### MATERIAL FOR THIS EXERCISE
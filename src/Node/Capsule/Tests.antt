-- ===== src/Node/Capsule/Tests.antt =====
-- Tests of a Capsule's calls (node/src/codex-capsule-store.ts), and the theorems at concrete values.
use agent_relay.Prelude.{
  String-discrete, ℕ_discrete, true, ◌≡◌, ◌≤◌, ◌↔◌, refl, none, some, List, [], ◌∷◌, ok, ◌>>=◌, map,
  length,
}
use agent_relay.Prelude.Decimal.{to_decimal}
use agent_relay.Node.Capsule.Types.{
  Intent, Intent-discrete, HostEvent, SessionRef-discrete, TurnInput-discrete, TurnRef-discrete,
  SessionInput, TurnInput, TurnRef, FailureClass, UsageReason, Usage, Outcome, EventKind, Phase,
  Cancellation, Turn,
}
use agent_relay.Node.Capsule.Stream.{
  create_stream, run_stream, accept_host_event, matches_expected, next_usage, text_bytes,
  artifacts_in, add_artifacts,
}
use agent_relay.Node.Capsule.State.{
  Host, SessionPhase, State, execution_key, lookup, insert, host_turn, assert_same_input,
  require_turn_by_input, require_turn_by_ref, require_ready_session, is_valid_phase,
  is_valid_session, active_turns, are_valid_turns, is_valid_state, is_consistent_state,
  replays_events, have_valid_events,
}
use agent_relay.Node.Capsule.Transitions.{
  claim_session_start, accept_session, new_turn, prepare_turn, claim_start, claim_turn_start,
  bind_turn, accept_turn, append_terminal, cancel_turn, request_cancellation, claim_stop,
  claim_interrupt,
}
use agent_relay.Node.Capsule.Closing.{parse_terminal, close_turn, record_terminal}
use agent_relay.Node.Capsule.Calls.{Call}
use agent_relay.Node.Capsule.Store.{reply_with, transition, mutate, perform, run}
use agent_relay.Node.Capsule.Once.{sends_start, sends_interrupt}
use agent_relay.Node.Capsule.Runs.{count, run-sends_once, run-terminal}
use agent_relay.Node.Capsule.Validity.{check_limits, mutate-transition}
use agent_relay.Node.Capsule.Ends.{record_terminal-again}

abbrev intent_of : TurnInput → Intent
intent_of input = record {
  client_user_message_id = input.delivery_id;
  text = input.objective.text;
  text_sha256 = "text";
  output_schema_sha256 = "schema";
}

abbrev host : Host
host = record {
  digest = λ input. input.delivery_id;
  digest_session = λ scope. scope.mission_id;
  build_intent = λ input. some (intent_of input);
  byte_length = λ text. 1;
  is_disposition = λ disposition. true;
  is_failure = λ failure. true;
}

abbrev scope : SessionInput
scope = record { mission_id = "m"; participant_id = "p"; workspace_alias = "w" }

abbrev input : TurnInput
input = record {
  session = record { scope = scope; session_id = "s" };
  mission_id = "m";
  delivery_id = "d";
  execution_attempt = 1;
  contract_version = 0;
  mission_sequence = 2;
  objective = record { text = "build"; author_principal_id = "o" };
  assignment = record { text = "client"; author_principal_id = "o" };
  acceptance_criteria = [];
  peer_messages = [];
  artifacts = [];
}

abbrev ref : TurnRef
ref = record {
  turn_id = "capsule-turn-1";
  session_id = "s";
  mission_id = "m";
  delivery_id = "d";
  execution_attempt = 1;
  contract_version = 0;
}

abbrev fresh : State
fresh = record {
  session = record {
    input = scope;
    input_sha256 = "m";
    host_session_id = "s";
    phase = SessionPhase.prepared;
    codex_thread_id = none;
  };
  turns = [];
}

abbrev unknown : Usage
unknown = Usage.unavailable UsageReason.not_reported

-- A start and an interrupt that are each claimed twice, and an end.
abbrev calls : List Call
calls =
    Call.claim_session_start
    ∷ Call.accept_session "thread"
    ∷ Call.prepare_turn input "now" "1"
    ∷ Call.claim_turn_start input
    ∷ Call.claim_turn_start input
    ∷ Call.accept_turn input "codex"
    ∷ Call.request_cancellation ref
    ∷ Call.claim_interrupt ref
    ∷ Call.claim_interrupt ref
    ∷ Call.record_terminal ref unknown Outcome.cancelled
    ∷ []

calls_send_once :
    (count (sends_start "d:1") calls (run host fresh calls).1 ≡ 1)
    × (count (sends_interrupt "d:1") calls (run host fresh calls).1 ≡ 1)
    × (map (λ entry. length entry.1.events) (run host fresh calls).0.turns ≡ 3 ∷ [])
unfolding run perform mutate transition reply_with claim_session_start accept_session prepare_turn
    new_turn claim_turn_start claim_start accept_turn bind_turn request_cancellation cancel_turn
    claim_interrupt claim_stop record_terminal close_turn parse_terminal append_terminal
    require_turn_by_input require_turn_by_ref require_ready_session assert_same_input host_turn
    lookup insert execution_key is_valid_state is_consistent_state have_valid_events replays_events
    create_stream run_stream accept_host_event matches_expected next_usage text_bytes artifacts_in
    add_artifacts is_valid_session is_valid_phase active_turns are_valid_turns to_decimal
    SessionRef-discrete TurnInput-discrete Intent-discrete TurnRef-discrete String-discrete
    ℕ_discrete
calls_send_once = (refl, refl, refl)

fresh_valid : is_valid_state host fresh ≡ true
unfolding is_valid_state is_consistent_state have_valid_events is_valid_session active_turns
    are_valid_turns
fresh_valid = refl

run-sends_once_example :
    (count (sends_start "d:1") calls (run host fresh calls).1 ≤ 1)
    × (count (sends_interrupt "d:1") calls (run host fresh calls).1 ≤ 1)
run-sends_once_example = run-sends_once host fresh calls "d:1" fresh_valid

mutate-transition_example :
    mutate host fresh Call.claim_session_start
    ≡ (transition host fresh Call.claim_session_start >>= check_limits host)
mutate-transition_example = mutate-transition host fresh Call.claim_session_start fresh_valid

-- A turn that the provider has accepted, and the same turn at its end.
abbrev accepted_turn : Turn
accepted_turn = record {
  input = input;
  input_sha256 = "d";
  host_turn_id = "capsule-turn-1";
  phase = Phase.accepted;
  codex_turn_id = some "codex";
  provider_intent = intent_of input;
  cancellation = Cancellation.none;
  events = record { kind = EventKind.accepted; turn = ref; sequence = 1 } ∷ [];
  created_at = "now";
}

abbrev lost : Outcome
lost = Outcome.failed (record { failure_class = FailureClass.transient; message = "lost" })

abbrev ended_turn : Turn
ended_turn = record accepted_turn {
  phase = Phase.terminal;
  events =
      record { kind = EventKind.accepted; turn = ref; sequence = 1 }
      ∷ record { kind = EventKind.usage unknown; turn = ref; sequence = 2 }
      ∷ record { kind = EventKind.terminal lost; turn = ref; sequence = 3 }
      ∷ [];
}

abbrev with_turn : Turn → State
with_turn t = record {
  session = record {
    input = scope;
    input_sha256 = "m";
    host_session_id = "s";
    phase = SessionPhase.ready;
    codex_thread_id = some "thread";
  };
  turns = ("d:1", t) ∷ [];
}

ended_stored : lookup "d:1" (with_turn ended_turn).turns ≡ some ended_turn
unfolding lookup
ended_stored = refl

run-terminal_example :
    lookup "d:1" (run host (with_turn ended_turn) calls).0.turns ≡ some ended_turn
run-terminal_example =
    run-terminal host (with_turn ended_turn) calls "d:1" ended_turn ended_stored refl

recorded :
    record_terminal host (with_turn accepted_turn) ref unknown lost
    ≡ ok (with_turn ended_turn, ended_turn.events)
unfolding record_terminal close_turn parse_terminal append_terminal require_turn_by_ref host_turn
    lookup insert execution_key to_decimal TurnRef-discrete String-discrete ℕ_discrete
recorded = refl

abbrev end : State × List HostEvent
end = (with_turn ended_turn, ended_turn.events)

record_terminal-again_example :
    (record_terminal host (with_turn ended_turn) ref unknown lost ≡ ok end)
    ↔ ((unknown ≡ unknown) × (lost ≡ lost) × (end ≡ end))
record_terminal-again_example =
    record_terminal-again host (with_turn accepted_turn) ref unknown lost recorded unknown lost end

### WORK ITEM
All lines from the one containing "abbrev with_turn : Turn → State" through the end of the data, and no others, are to be given again word for word.

### RESULT OF THIS TASK
abbrev with_turn : Turn → State
with_turn t = record {
  session = record {
    input = scope;
    input_sha256 = "m";
    host_session_id = "s";
    phase = SessionPhase.ready;
    codex_thread_id = some "thread";
  };
  turns = ("d:1", t) ∷ [];
}

ended_stored : lookup "d:1" (with_turn ended_turn).turns ≡ some ended_turn
unfolding lookup
ended_stored = refl

run-terminal_example :
    lookup "d:1" (run host (with_turn ended_turn) calls).0.turns ≡ some ended_turn
run-terminal_example =
    run-terminal host (with_turn ended_turn) calls "d:1" ended_turn ended_stored refl

recorded :
    record_terminal host (with_turn accepted_turn) ref unknown lost
    ≡ ok (with_turn ended_turn, ended_turn.events)
unfolding record_terminal close_turn parse_terminal append_terminal require_turn_by_ref host_turn
    lookup insert execution_key to_decimal TurnRef-discrete String-discrete ℕ_discrete
recorded = refl

abbrev end : State × List HostEvent
end = (with_turn ended_turn, ended_turn.events)

record_terminal-again_example :
    (record_terminal host (with_turn ended_turn) ref unknown lost ≡ ok end)
    ↔ ((unknown ≡ unknown) × (lost ≡ lost) × (end ≡ end))
record_terminal-again_example =
    record_terminal-again host (with_turn accepted_turn) ref unknown lost recorded unknown lost end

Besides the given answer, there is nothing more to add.